[Saved entries]

►

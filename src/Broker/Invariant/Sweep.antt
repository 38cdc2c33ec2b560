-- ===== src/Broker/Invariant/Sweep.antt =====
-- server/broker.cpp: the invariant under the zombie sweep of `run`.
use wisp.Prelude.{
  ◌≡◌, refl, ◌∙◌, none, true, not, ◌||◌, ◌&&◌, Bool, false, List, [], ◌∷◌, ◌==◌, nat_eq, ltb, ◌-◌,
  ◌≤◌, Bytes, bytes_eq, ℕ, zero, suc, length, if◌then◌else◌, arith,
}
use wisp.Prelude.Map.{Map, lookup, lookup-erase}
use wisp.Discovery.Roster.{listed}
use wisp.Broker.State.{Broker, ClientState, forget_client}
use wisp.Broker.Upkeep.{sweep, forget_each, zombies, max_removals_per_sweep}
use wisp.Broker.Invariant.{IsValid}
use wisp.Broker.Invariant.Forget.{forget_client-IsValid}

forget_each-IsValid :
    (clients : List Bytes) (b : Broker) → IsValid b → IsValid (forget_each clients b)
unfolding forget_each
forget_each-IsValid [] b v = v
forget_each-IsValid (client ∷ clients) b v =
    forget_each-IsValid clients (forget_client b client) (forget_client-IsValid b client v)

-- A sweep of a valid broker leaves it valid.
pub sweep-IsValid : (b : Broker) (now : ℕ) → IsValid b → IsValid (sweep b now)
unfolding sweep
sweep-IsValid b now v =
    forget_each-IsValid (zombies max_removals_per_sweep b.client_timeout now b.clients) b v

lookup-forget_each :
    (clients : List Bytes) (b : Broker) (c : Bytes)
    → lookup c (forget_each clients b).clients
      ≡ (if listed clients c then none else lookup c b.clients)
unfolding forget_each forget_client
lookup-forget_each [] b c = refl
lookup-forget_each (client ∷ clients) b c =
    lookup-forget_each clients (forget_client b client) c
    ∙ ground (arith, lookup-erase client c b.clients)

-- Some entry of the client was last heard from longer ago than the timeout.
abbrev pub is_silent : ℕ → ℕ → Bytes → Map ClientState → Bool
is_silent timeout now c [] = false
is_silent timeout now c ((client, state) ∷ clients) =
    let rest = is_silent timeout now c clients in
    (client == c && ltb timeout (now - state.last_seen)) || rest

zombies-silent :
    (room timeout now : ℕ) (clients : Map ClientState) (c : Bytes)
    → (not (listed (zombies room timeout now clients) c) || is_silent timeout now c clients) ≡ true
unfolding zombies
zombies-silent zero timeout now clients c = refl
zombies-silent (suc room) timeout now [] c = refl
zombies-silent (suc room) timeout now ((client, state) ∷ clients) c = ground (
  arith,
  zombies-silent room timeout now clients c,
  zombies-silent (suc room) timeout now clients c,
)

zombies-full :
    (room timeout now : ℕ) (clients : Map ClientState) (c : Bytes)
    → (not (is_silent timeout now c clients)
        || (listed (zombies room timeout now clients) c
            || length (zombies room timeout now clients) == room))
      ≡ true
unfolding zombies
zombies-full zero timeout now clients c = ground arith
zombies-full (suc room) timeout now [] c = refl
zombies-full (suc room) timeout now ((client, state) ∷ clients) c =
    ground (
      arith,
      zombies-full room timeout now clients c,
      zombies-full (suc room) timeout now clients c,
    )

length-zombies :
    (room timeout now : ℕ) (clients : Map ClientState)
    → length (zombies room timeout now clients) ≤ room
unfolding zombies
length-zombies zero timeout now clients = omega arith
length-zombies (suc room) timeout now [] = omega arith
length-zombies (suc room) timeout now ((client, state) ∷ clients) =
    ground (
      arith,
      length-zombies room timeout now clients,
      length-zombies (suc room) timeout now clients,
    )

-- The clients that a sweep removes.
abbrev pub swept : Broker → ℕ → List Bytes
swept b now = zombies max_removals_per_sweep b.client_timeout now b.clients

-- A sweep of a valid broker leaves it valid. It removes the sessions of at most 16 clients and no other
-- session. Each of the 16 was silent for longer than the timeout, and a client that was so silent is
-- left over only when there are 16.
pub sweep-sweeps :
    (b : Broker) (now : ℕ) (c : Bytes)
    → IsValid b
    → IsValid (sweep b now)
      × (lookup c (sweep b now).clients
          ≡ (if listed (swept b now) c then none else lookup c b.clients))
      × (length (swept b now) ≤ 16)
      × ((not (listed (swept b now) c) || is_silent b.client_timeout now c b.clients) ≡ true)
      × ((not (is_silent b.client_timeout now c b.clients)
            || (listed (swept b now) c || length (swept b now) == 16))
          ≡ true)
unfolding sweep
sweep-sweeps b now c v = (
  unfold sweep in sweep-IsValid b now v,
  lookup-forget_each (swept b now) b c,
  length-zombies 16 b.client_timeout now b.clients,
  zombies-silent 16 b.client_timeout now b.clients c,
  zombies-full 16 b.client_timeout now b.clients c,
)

◄

* Problem to solve *
Give the data again, exactly as it stands.

* Exercise solution *
filename src/Broker/Invariant/Sweep.antt
repository 38cdc2c33ec2b560
-- ===== src/Broker/Invariant/Sweep.antt =====
-- server/broker.cpp: the invariant under the zombie sweep of `run`.
use wisp.Prelude.{
  ◌≡◌, refl, ◌∙◌, none, true, not, ◌||◌, ◌&&◌, Bool, false, List, [], ◌∷◌, ◌==◌, nat_eq, ltb, ◌-◌,
  ◌≤◌, Bytes, bytes_eq, ℕ, zero, suc, length, if◌then◌else◌, arith,
}
use wisp.Prelude.Map.{Map, lookup, lookup-erase}
use wisp.Discovery.Roster.{listed}
use wisp.Broker.State.{Broker, ClientState, forget_client}
use wisp.Broker.Upkeep.{sweep, forget_each, zombies, max_removals_per_sweep}
use wisp.Broker.Invariant.{IsValid}
use wisp.Broker.Invariant.Forget.{forget_client-IsValid}

forget_each-IsValid :
    (clients : List Bytes) (b : Broker) → IsValid b → IsValid (forget_each clients b)
unfolding forget_each
forget_each-IsValid [] b v = v
forget_each-IsValid (client ∷ clients) b v =
    forget_each-IsValid clients (forget_client b client) (forget_client-IsValid b client v)

-- A sweep of a valid broker leaves it valid.
pub sweep-IsValid : (b : Broker) (now : ℕ) → IsValid b → IsValid (sweep b now)
unfolding sweep
sweep-IsValid b now v =
    forget_each-IsValid (zombies max_removals_per_sweep b.client_timeout now b.clients) b v

lookup-forget_each :
    (clients : List Bytes) (b : Broker) (c : Bytes)
    → lookup c (forget_each clients b).clients
      ≡ (if listed clients c then none else lookup c b.clients)
unfolding forget_each forget_client
lookup-forget_each [] b c = refl
lookup-forget_each (client ∷ clients) b c =
    lookup-forget_each clients (forget_client b client) c
    ∙ ground (arith, lookup-erase client c b.clients)

-- Some entry of the client was last heard from longer ago than the timeout.
abbrev pub is_silent : ℕ → ℕ → Bytes → Map ClientState → Bool
is_silent timeout now c [] = false
is_silent timeout now c ((client, state) ∷ clients) =
    let rest = is_silent timeout now c clients in
    (client == c && ltb timeout (now - state.last_seen)) || rest

zombies-silent :
    (room timeout now : ℕ) (clients : Map ClientState) (c : Bytes)
    → (not (listed (zombies room timeout now clients) c) || is_silent timeout now c clients) ≡ true
unfolding zombies
zombies-silent zero timeout now clients c = refl
zombies-silent (suc room) timeout now [] c = refl
zombies-silent (suc room) timeout now ((client, state) ∷ clients) c = ground (
  arith,
  zombies-silent room timeout now clients c,
  zombies-silent (suc room) timeout now clients c,
)

zombies-full :
    (room timeout now : ℕ) (clients : Map ClientState) (c : Bytes)
    → (not (is_silent timeout now c clients)
        || (listed (zombies room timeout now clients) c
            || length (zombies room timeout now clients) == room))
      ≡ true
unfolding zombies
zombies-full zero timeout now clients c = ground arith
zombies-full (suc room) timeout now [] c = refl
zombies-full (suc room) timeout now ((client, state) ∷ clients) c =
    ground (
      arith,
      zombies-full room timeout now clients c,
      zombies-full (suc room) timeout now clients c,
    )

length-zombies :
    (room timeout now : ℕ) (clients : Map ClientState)
    → length (zombies room timeout now clients) ≤ room
unfolding zombies
length-zombies zero timeout now clients = omega arith
length-zombies (suc room) timeout now [] = omega arith
length-zombies (suc room) timeout now ((client, state) ∷ clients) =
    ground (
      arith,
      length-zombies room timeout now clients,
      length-zombies (suc room) timeout now clients,
    )

-- The clients that a sweep removes.
abbrev pub swept : Broker → ℕ → List Bytes
swept b now = zombies max_removals_per_sweep b.client_timeout now b.clients

-- A sweep of a valid broker leaves it valid. It removes the sessions of at most 16 clients and no other
-- session. Each of the 16 was silent for longer than the timeout, and a client that was so silent is
-- left over only when there are 16.
pub sweep-sweeps :
    (b : Broker) (now : ℕ) (c : Bytes)
    → IsValid b
    → IsValid (sweep b now)
      × (lookup c (sweep b now).clients
          ≡ (if listed (swept b now) c then none else lookup c b.clients))
      × (length (swept b now) ≤ 16)
      × ((not (listed (swept b now) c) || is_silent b.client_timeout now c b.clients) ≡ true)
      × ((not (is_silent b.client_timeout now c b.clients)
            || (listed (swept b now) c || length (swept b now) == 16))
          ≡ true)
unfolding sweep
sweep-sweeps b now c v = (
  unfold sweep in sweep-IsValid b now v,
  lookup-forget_each (swept b now) b c,
  length-zombies 16 b.client_timeout now b.clients,
  zombies-silent 16 b.client_timeout now b.clients c,
  zombies-full 16 b.client_timeout now b.clients c,
)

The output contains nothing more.